Apontamentos sobre o tratamento penal dos crimes digitais no Brasil

Thabata Filizola Costa, Advogado
há 4 anos

O avanço da tecnologia, especialmente dos meios de comunicação, modificou profundamente as relações sociais. O encurtamento de distâncias e a abertura de novas oportunidades de negócios são alguns dos muitos benefícios alcançados por meio da evolução e consolidação da “Era Digital”. Não obstante, é forçoso reconhecer que os meios digitais favoreceram também o surgimento de condutas lesivas e a sofisticação de crimes já tipificados, aumentando as exigências de segurança, de sigilo e de privacidade.

Nesse norte, assevera Crespo (s. D.):

Com tal assertiva, nota-se que o ciberespaço é campo para o cometimento de delitos que já são tipificados no ordenamento jurídico pátrio, mas, além disso, pode abarcar condutas ainda não incriminadas, mas altamente danosas. Isso por conta da sua vulnerabilidade intrínseca […] (CRESPO, s. D., s. P.).

A nomenclatura "crimes digitais" é utilizada em referência a duas espécies de delitos digitais: os crimes próprios e os impróprios. Segundo Vianna (2003), os crimes digitais próprios - também chamados "risco informático" - são aqueles em que o bem jurídico protegido é a inviolabilidade dos dados ou das informações. Assim, o componente "digital" está no bem protegido. Como exemplo, cita-se a invasão de dispositivos informáticos, o hacking (art. 154-A, do Código Penal).
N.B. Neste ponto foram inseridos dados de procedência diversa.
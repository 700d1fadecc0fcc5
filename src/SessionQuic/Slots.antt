-- ===== src/SessionQuic/Slots.antt =====
-- The fragments of a partial message, common/session/session_quic.go.
use mathlib.Core.Path.{ap₂}
use mathlib.Core.Option.{some-injective}
use go_vnet.Base.{
  ℕ, zero, suc, ◌+◌, ◌≤◌, ◌<◌, ◌≡◌, refl, sym, ap, true, false, Option, none, some, List, [], ◌∷◌,
  ◌++◌, arith, length, get_elem?, set, replicate,
}
use go_vnet.SessionQuic.{assemble, is_missing}

abbrev pub concat : List (List ℕ) → List ℕ
concat [] = []
concat (f ∷ fs) = f ++ concat fs

-- the number of fragments that are there
abbrev pub present : List (Option (List ℕ)) → ℕ
present [] = 0
present (none ∷ slots) = present slots
present (some f ∷ slots) = suc (present slots)

-- each fragment that is there is the one of the message
abbrev pub IsPartOf : List (List ℕ) → List (Option (List ℕ)) → Type 0
IsPartOf [] [] = Unit
IsPartOf [] (slot ∷ slots) = ⊥
IsPartOf (f ∷ fs) [] = ⊥
IsPartOf (f ∷ fs) (none ∷ slots) = IsPartOf fs slots
IsPartOf (f ∷ fs) (some g ∷ slots) = (g ≡ f) × IsPartOf fs slots

pub present-le : (slots : List (Option (List ℕ))) → present slots ≤ length slots
present-le [] = omega arith
present-le (none ∷ slots) = omega (arith, present-le slots)
present-le (some f ∷ slots) = omega (arith, present-le slots)

pub replicate-IsPartOf : (fs : List (List ℕ)) → IsPartOf fs (replicate (length fs) none)
replicate-IsPartOf [] = tt
replicate-IsPartOf (f ∷ fs) = replicate-IsPartOf fs

pub present-replicate : (n : ℕ) → present (replicate n none) ≡ 0
present-replicate zero = refl
present-replicate (suc n) = present-replicate n

pub length-IsPartOf :
    (fs : List (List ℕ)) (slots : List (Option (List ℕ)))
    → IsPartOf fs slots
    → length slots ≡ length fs
length-IsPartOf [] [] h = refl
length-IsPartOf [] (slot ∷ slots) h = absurd h
length-IsPartOf (f ∷ fs) [] h = absurd h
length-IsPartOf (f ∷ fs) (none ∷ slots) h = ap suc (length-IsPartOf fs slots h)
length-IsPartOf (f ∷ fs) (some g ∷ slots) h = ap suc (length-IsPartOf fs slots h.1)

pub set-IsPartOf :
    (fs : List (List ℕ)) (slots : List (Option (List ℕ))) (i : ℕ) (f : List ℕ)
    → IsPartOf fs slots
    → get_elem? fs i ≡ some f
    → IsPartOf fs (set slots i (some f))
set-IsPartOf [] [] i f h e = tt
set-IsPartOf [] (slot ∷ slots) i f h e = absurd h
set-IsPartOf (g ∷ fs) [] i f h e = absurd h
set-IsPartOf (g ∷ fs) (none ∷ slots) zero f h e = (sym (some-injective _ _ e), h)
set-IsPartOf (g ∷ fs) (some x ∷ slots) zero f h e = (sym (some-injective _ _ e), h.1)
set-IsPartOf (g ∷ fs) (none ∷ slots) (suc i) f h e = set-IsPartOf fs slots i f h e
set-IsPartOf (g ∷ fs) (some x ∷ slots) (suc i) f h e = (h.0, set-IsPartOf fs slots i f h.1 e)

pub present-set :
    (slots : List (Option (List ℕ))) (i : ℕ) (f : List ℕ)
    → is_missing (get_elem? slots i) ≡ true
    → present (set slots i (some f)) ≡ present slots + 1
unfolding is_missing
present-set [] i f h = cc
present-set (none ∷ slots) zero f h = omega arith
present-set (some x ∷ slots) zero f h = cc
present-set (none ∷ slots) (suc i) f h = present-set slots i f h
present-set (some x ∷ slots) (suc i) f h = omega (arith, present-set slots i f h)

-- a fragment that is there stays there
pub is_missing-set :
    (slots : List (Option (List ℕ))) (i j : ℕ) (f : List ℕ)
    → is_missing (get_elem? slots j) ≡ false
    → is_missing (get_elem? (set slots i (some f)) j) ≡ false
unfolding is_missing
is_missing-set [] i j f h = refl
is_missing-set (slot ∷ slots) zero zero f h = refl
is_missing-set (slot ∷ slots) zero (suc j) f h = h
is_missing-set (slot ∷ slots) (suc i) zero f h = h
is_missing-set (slot ∷ slots) (suc i) (suc j) f h = is_missing-set slots i j f h

pub is_missing-set_self :
    (slots : List (Option (List ℕ))) (i : ℕ) (f : List ℕ)
    → is_missing (get_elem? (set slots i (some f)) i) ≡ false
unfolding is_missing
is_missing-set_self [] i f = refl
is_missing-set_self (slot ∷ slots) zero f = refl
is_missing-set_self (slot ∷ slots) (suc i) f = is_missing-set_self slots i f

pub present-full :
    (slots : List (Option (List ℕ)))
    → ((j : ℕ) → j < length slots → is_missing (get_elem? slots j) ≡ false)
    → present slots ≡ length slots
unfolding is_missing
present-full [] h = refl
present-full (none ∷ slots) h = let first : true ≡ false = h 0 (omega arith) in cc
present-full (some f ∷ slots) h = ap suc (present-full slots λ j l. h (suc j) (omega arith))

-- all fragments together are the message
pub assemble-full :
    (fs : List (List ℕ)) (slots : List (Option (List ℕ)))
    → IsPartOf fs slots
    → present slots ≡ length slots
    → assemble slots ≡ concat fs
unfolding assemble
assemble-full [] [] h full = refl
assemble-full [] (slot ∷ slots) h full = absurd h
assemble-full (f ∷ fs) [] h full = absurd h
assemble-full (f ∷ fs) (none ∷ slots) h full = absurd (omega (arith, present-le slots))
assemble-full (f ∷ fs) (some g ∷ slots) h full =
    ap₂ (λ a b. a ++ b) h.0 (assemble-full fs slots h.1 (omega arith))

pub is_missing-replicate :
    (n i : ℕ) → i < n → is_missing (get_elem? (replicate {A = Option (List ℕ)} n none) i) ≡ true
unfolding is_missing
is_missing-replicate zero i h = absurd (omega arith)
is_missing-replicate (suc n) zero h = refl
is_missing-replicate (suc n) (suc i) h = is_missing-replicate n i (omega arith)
Já os crimes digitais impróprios são aqueles em que a tecnologia é o meio utilizado para o crime. O bem jurídico atingido pode ser a intimidade, a honra, a vida, o patrimônio, etc. Um exemplo é o estelionato mediante phishing3 (art. 171, § 2º, VII).

Percebe-se, portanto, que a análise do tratamento penal dos crimes digitais no Brasil depende do quê se entende por crime digital. Se considerarmos os crimes próprios, verifica-se uma proteção constitucional aos dados e às informações, nos termos do inciso XII, do art. 5º, da CR88 (grifos nossos):

Art. 5º […]

XII - e inviolável o sigilo da correspondência e das comunicações telegráficas, de dados e das comunicações telefônicas, salvo, no último caso, por ordem judicial, nas hipóteses e na forma que a lei estabelecer para fins de investigação criminal ou instrução processual penal (BRASIL, 1988).

O referido inciso está regulamentado pela Lei nº 9.296/1996, a qual tipifica o crime de interceptação de informática e a quebra de sigilo (grifos nossos):

Art. 10. Constitui crime realizar interceptação de comunicações telefônicas, de informática ou telemática, ou quebrar segredo da Justiça, sem autorização judicial ou com objetivos não autorizados em lei (BRASIL, 1996).

Também podem ser considerados crimes digitais próprios os ilícitos de inserção de dados falsos em sistema de informação (art. 313-A, do Código Penal) e de modificação ou alteração não autorizada em sistema de informações (art. 313-B, do Código Penal), embora estejam localizados no título dos crimes contra a Administração Pública. A classificação justifica-se pelo fim almejado por esses tipos penais, qual seja, preservar a integridade dos sistemas de informação.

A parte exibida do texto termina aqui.